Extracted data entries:
---
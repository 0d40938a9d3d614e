-- ===== src/Arrow/Served.antt =====
-- The chunks in which a server sends its batches, and what is made of them.
use mathlib.Core.Path.{ap₂}
use pyspark_client_wasm.Prelude.{
  ℕ, suc, ◌+◌, ◌<◌, ◌≡◌, refl, sym, ap, ◌∙◌, true, Option, none, some, List, [], ◌∷◌, ◌++◌,
  append-nil, append_assoc, arith, length, join, length-append, All, Bytes, pos, is_nat, Result, ok,
  Gen, stop, emits, emits-append, ◌>>=◌,
}
use pyspark_client_wasm.Arrow.{
  or_default, ArrowBatch, Ipc, PyArrow, Reassembly, check_chunk, is_complete, ipc_bytes,
  num_chunks_of, rows_in, first_schema, complete_batch, step, finish, run, reassemble,
}

-- A batch of a result: its IPC stream cut into one chunk or more, and what the stream holds.
pub record Plan (Schema Batch : Type 0) : Type 0 where
  pub first : Bytes
  pub later : List Bytes
  pub ipc : Ipc Schema Batch

abbrev pub chunk : ℕ → ℕ → ℕ → ℕ → Bytes → ArrowBatch
chunk i total off rows content = record {
  content = content;
  chunk_index = some (pos i);
  num_chunks_in_batch = some (pos total);
  start_offset = some (pos off);
  row_count = some (pos rows);
}

-- The messages for the chunks of a batch, from the i-th on.
abbrev pub chunks_from : ℕ → ℕ → ℕ → ℕ → List Bytes → List (Option ArrowBatch)
chunks_from i total off rows [] = []
chunks_from i total off rows (c ∷ cs) =
    some (chunk i total off rows c) ∷ chunks_from (suc i) total off rows cs

ipc_bytes-join : (ps : List Bytes) → ipc_bytes ps ≡ join ps
unfolding ipc_bytes
ipc_bytes-join [] = refl
ipc_bytes-join (c ∷ []) = sym (append-nil c)
ipc_bytes-join (c ∷ d ∷ ps) = refl

check_chunk-chunk :
    (pending : List Bytes) (i total off rows : ℕ) (content : Bytes)
    → i ≡ length pending
    → check_chunk pending (chunk i total off rows content) off ≡ ok tt
unfolding check_chunk
check_chunk-chunk [] i total off rows content e = ground arith
check_chunk-chunk (p ∷ ps) i total off rows content e = ground arith

module _ {Schema Batch : Type 0} (pa : PyArrow Schema Batch) where
  -- The messages for one batch; `off` is its first row.
  abbrev pub batch_messages : ℕ → Plan Schema Batch → List (Option ArrowBatch)
  batch_messages off p =
      chunks_from 0 (suc (length p.later)) off (rows_in pa p.ipc.batches) (p.first ∷ p.later)

  abbrev pub messages : ℕ → List (Plan Schema Batch) → List (Option ArrowBatch)
  messages off [] = []
  messages off (p ∷ ps) = batch_messages off p ++ messages (off + rows_in pa p.ipc.batches) ps

  -- pyarrow reads the whole stream of the batch as what it holds.
  abbrev pub IsWhole : Plan Schema Batch → Type 0
  IsWhole p = pa.open_stream (join (p.first ∷ p.later)) ≡ ok p.ipc

  abbrev pub all_batches : List (Plan Schema Batch) → List Batch
  all_batches [] = []
  all_batches (p ∷ ps) = p.ipc.batches ++ all_batches ps

  abbrev pub schema_from : Option Schema → List (Plan Schema Batch) → Option Schema
  schema_from o [] = o
  schema_from o (p ∷ ps) = schema_from (first_schema pa o p.ipc.schema) ps

  abbrev pub State : Type 0
  State = Reassembly Schema Batch

  -- A chunk that is not the last one is buffered.
  pub step-buffers :
      (st : State) (total off rows : ℕ) (content : Bytes)
      → st.num_records ≡ off
      → suc (length st.pending) < total
      → step pa st (chunk (length st.pending) total off rows content)
        ≡ ok (record st { pending = st.pending ++ content ∷ [] })
  unfolding step
  step-buffers st total off rows content n h = rw n (
      rw (check_chunk-chunk st.pending (length st.pending) total off rows content refl) (
        rw (length-append st.pending (content ∷ []))
          (unfold is_complete num_chunks_of in ground arith)))

  -- The last chunk completes the batch.
  step-completes :
      (st : State) (total off rows : ℕ) (content : Bytes)
      → st.num_records ≡ off
      → suc (length st.pending) ≡ total
      → step pa st (chunk (length st.pending) total off rows content)
        ≡ complete_batch pa st (st.pending ++ content ∷ []) (some (pos rows))
  unfolding step
  step-completes st total off rows content n h = rw n (
      rw (check_chunk-chunk st.pending (length st.pending) total off rows content refl) (
        rw (length-append st.pending (content ∷ []))
          (unfold is_complete num_chunks_of in ground arith)))

  -- The chunks of a batch, from the one that the state waits for on.
  run-chunks :
      (c : Bytes) (cs : List Bytes) (st : State) (total off rows : ℕ) (g : Gen (Option ArrowBatch))
      → st.num_records ≡ off
      → length st.pending + suc (length cs) ≡ total
      → run pa (emits (chunks_from (length st.pending) total off rows (c ∷ cs)) g) st
        ≡ (complete_batch pa st (st.pending ++ (c ∷ cs)) (some (pos rows)) >>= run pa g)
  unfolding run complete_batch
  run-chunks c [] st total off rows g n t =
      ap (λ (r : Result State). r >>= run pa g) (step-completes st total off rows c n (omega arith))
  run-chunks c (d ∷ cs) st total off rows g n t =
      let st' : State = record st { pending = st.pending ++ c ∷ [] } in
      let longer : length st'.pending ≡ suc (length st.pending) =
        omega (arith, length-append st.pending (c ∷ [])) in
      ap
        (λ (r : Result State).
          r >>= run pa (emits (chunks_from (suc (length st.pending)) total off rows (d ∷ cs)) g))
        (step-buffers st total off rows c n (omega arith))
      ∙ ap (λ (i : ℕ). run pa (emits (chunks_from i total off rows (d ∷ cs)) g) st') (sym longer)
      ∙ run-chunks d cs st' total off rows g n (omega (arith, longer))
      ∙ ap (λ (ps : List Bytes). complete_batch pa st ps (some (pos rows)) >>= run pa g)
          (append_assoc st.pending (c ∷ []) (d ∷ cs))

  -- The state between two batches.
  abbrev pub between : List Batch → Option Schema → ℕ → State
  between batches schema n = record {
    batches = batches;
    schema = schema;
    pending = [];
    num_records = n;
  }

  declared-same : (n : ℕ) → is_nat (or_default (some (pos n)) n) n ≡ true
  declared-same n = ground arith

  -- A batch whose stream pyarrow reads, with the row count that the server declares for it.
  complete_batch-whole :
      (st : State) (p : Plan Schema Batch)
      → IsWhole p
      → complete_batch pa st (p.first ∷ p.later) (some (pos (rows_in pa p.ipc.batches)))
        ≡ ok (
            between
              (st.batches ++ p.ipc.batches)
              (first_schema pa st.schema p.ipc.schema)
              (st.num_records + rows_in pa p.ipc.batches))
  unfolding complete_batch
  complete_batch-whole st p w =
      rw (ipc_bytes-join (p.first ∷ p.later)) (rw w (rw (declared-same (rows_in pa p.ipc.batches))))

  abbrev pub total_rows : List (Plan Schema Batch) → ℕ
  total_rows [] = 0
  total_rows (p ∷ ps) = rows_in pa p.ipc.batches + total_rows ps

  -- All messages of the batches, whatever the stream goes on with.
  pub run-messages :
      (ps : List (Plan Schema Batch)) (batches : List Batch) (schema : Option Schema) (n : ℕ)
      (g : Gen (Option ArrowBatch))
      → All IsWhole ps
      → run pa (emits (messages n ps) g) (between batches schema n)
        ≡ run pa g (between (batches ++ all_batches ps) (schema_from schema ps) (n + total_rows ps))
  run-messages [] batches schema n g w =
      let same : n + 0 ≡ n = omega arith in
      ap₂ (λ (b : List Batch) (m : ℕ). run pa g (between b schema m)) (sym (append-nil batches))
        (sym same)
  run-messages (p ∷ ps) batches schema n g w =
      let rows = rows_in pa p.ipc.batches in
      let later = messages (n + rows) ps in
      let st = between batches schema n in
      let grouped : n + rows + total_rows ps ≡ n + (rows + total_rows ps) = omega arith in
      ap (λ (h : Gen (Option ArrowBatch)). run pa h st) (emits-append (batch_messages n p) later g)
      ∙ run-chunks p.first p.later st (suc (length p.later)) n rows (emits later g) refl
          (omega arith)
      ∙ ap (λ (r : Result State). r >>= run pa (emits later g)) (complete_batch-whole st p w.0)
      ∙ run-messages ps (batches ++ p.ipc.batches) (first_schema pa schema p.ipc.schema) (n + rows)
          g w.1
      ∙ ap₂ (λ (b : List Batch) (m : ℕ). run pa g (between b (schema_from schema (p ∷ ps)) m))
          (append_assoc batches p.ipc.batches (all_batches ps)) grouped

  -- Batches that the server cuts into chunks, one or more each, come back whole: all record batches
  -- in order, with the schema of the first stream, as if each stream had been sent in one piece.
  pub reassemble-messages :
      (ps : List (Plan Schema Batch))
      → All IsWhole ps
      → reassemble pa (emits (messages 0 ps) stop) ≡ ok (all_batches ps, schema_from none ps)
  unfolding reassemble
  reassemble-messages ps w = run-messages ps [] none 0 stop w ∙ unfold run finish in refl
---
### EXERCISE REQUIREMENTS
Work out the count of lines in the data above containing the string "ArrowBatch". Give it alone.

### ANSWER SPACE
8